Il est encore trop tôt pour en tirer des leçons définitives, on n’en est qu’aux premières publications scientifiques. Mais cette expérimentation montre que l’innovation reste encore possible, et nécessaire, en alimentation animale comme dans les autres secteurs de l’agriculture, pour réussir à la fois à produire malgré le réchauffement climatique, améliorer la conservation et la fertilité des sols, et fixer du carbone pour refroidir la planète, tout en consommant moins de pesticides.

Quelles sont les démarches principales développées au sein de cette tendance sylvopastorale, à laquelle ce projet se rapporte ?  Quels sont les risques ?

Pour lutter vraiment contre le réchauffement climatique en récupérant le carbone qu’on a émis dans l’atmosphère, il faudrait reforester l’équivalent de 300 millions d’hectares (en forêts ou en haies).

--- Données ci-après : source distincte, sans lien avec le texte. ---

-- ===== src/Tgclient/Scan.antt =====
-- internal/tgclient/tgclient.go: ScanOwn. `search` stands for gotd's MessagesSearch, which asks for a
-- page of the account's own messages in a chat, and `wait` for the pause between two pages: it returns
-- the error of the context if that is done first.
pub mod History
pub mod Complete
use langolier_bot.Base.{
  ℕ, zero, suc, ◌*◌, ◌+◌, Bool, true, false, ◌||◌, Option, none, some, List, [], ◌∷◌, ◌++◌, length,
  ltb, nat_beq, if◌then◌else◌,
}
use langolier_bot.Base.Int.{ℤ, pos, negsuc}
use langolier_bot.Base.Text.{Text}
use langolier_bot.Base.Calls.{Answer, got, failed, Visit}
use langolier_bot.Tgclient.Group.{Group, InputPeer, input_peer}
use langolier_bot.Tgclient.Delete.{not_running}

-- tg.MessageClass, with the fields that the scan reads: the id, and the date in seconds.
pub data Message : Type 0 where
  message : ℕ → ℕ → Message
  service : ℕ → Message
  empty : ℕ → Message

-- tg.MessagesMessagesClass
pub data SearchResult : Type 0 where
  messages : List Message → SearchResult
  messages_slice : ℕ → List Message → SearchResult
  channel_messages : ℕ → List Message → SearchResult
  not_modified : SearchResult

unfoldable pub messages_of : SearchResult → List Message
messages_of (messages ms) = ms
messages_of (messages_slice count ms) = ms
messages_of (channel_messages count ms) = ms
messages_of not_modified = []

-- Only the log reads it.
unfoldable pub search_total : SearchResult → ℤ
search_total (messages ms) = pos (length ms)
search_total (messages_slice count ms) = pos count
search_total (channel_messages count ms) = pos count
search_total not_modified = negsuc 0

-- FromID: InputPeerSelf, or no sender.
pub data Sender : Type 0 where
  from_self : Sender
  from_anyone : Sender

-- Filter: InputMessagesFilterEmpty, or another one.
pub data Filter : Type 0 where
  filter_empty : Filter
  other_filter : Filter

pub record SearchRequest : Type 0 where
  pub peer : InputPeer
  pub from_id : Sender
  pub filter : Filter
  pub limit : ℕ
  pub offset_id : ℕ

abbrev pub search_page_limit : ℕ
search_page_limit = 100

-- The messages of a page that are given to the callback; time.Unix takes seconds.
unfoldable pub visits_of : List Message → List Visit
visits_of [] = []
visits_of (message id date ∷ ms) = (id, date * 1000000000) ∷ visits_of ms
visits_of (service id ∷ ms) = visits_of ms
visits_of (empty id ∷ ms) = visits_of ms

-- minID after the page
unfoldable pub min_id_from : ℕ → List Message → ℕ
min_id_from min [] = min
min_id_from min (message id date ∷ ms) =
    min_id_from (if nat_beq min 0 || ltb id min then id else min) ms
min_id_from min (service id ∷ ms) = min_id_from min ms
min_id_from min (empty id ∷ ms) = min_id_from min ms

-- What a page ends in: the return, or another page from an offset.
pub data Page (W : Type 0) : Type 0 where
  finish : List Visit → Option Text → W → Page W
  next : List Visit → ℕ → W → Page W

module _ {W : Type 0} (search : SearchRequest → W → Answer SearchResult × W)
    (wait : W → Option Text × W) where
  abbrev pub after_wait : List Visit → ℕ → Option Text × W → Page W
  after_wait visits min (some e, w) = finish visits (some e) w
  after_wait visits min (none, w) = next visits min w

  abbrev pub read_page : ℕ → Answer SearchResult × W → Page W
  read_page offset (failed e, w) = finish [] (some e) w
  read_page offset (got res, w) =
      let msgs = messages_of res in
      let min = min_id_from 0 msgs in
      if nat_beq (length msgs) 0 || (nat_beq min 0 || nat_beq min offset)
      then finish (visits_of msgs) none w
      else after_wait (visits_of msgs) min (wait w)

  unfoldable pub scan_page : Group → ℕ → W → Page W
  scan_page g offset w = read_page offset (
      search
        (record {
          peer = input_peer g;
          from_id = from_self;
          filter = filter_empty;
          limit = search_page_limit;
          offset_id = offset;
        })
        w)

  abbrev pub Scanned : Type 0
  Scanned = Option ((List Visit × Option Text) × W)

  abbrev pub prepend : List Visit → Scanned → Scanned
  prepend visits none = none
  prepend visits (some ((more, err), w)) = some ((visits ++ more, err), w)

  -- The loop, with fuel; `none` means that the fuel has run out.
  unfoldable pub scan_loop : ℕ → Group → ℕ → W → Scanned
  scan_loop zero g offset w = none
  scan_loop (suc fuel) g offset w = elim (scan_page g offset w) [
    | finish visits err w' ↦ some ((visits, err), w')
    | next visits min w' ↦ prepend visits (scan_loop fuel g min w')
  ]

  unfoldable pub scan_own : ℕ → Bool → Group → W → Scanned
  scan_own fuel false g w = some (([], some not_running), w)
  scan_own fuel true g w = scan_loop fuel g 0 w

On n’en prend pas le chemin puisqu’actuellement on déforeste massivement la planète, à raison de 14 à 18 millions d’hectares par an ! Il faudrait donc changer véritablement de politique. Le sylvopastoralisme prend alors tout son sens, ainsi plus généralement que l’agroforesterie. L’arbre est notre ami, pas un « empêcheur de produire » comme on en était venu à le considérer !

De même, on ne cultive absolument pas assez d’espèces différentes : il existe 30 000 espèces végétales comestibles, mais seulement 30 fournissent 90 % de l’alimentation humaine. Et 15 espèces animales, 90 % de l’élevage. Il faut absolument rediversifier notre alimentation et celles de nos animaux d’élevage, et découvrir ou redécouvrir des plantes utiles, efficaces et résilientes. Celle-ci semble l’être.

Mais attention, elle est très invasive ; chaque plante produit 100 à 200 graines légères que le vent peut emporter loin et qui germent très facilement. Une fois qu’on l’a introduite il devient très difficile de s’en débarrasser. Même si, dans nos contrées, elle craint le gel, elle peut resurgir au printemps du sol où elle s’est protégée l’hiver. Au Cameroun, où on l’appelle Fleur jalousie, elle est la hantise des planteurs à cause de son fort pouvoir envahissant, malgré ses pouvoirs fertilisants et ses nombreuses qualités thérapeutiques…

Ce mouvement a-t-il de l'importance ou est-il encore de taille modeste ? Comment peut-on favoriser son développement ? 

L’expérience évoquée ici est de taille significative, mais néanmoins modeste (à peine 1 % des pâturages de Colombie) ; elle a été financée par diverses organisations internationales ; il y a également eu quelques essais à Cuba et en Afrique. Pour un changement aussi important, et relativement coûteux, des habitudes ancestrales des éleveurs, prévoir quelques délais, et de forts financements internationaux. Mais il faut aussi être sûrs que cette solution est bénéfique à long terme dans les régions où on l’introduit, vu la difficulté de revenir en arrière une fois qu’on a développé ce tournesol. L’histoire de l’agriculture est jalonnée de catastrophes arrivées après l’introduction, volontaire ou non, de plantes trop envahissantes.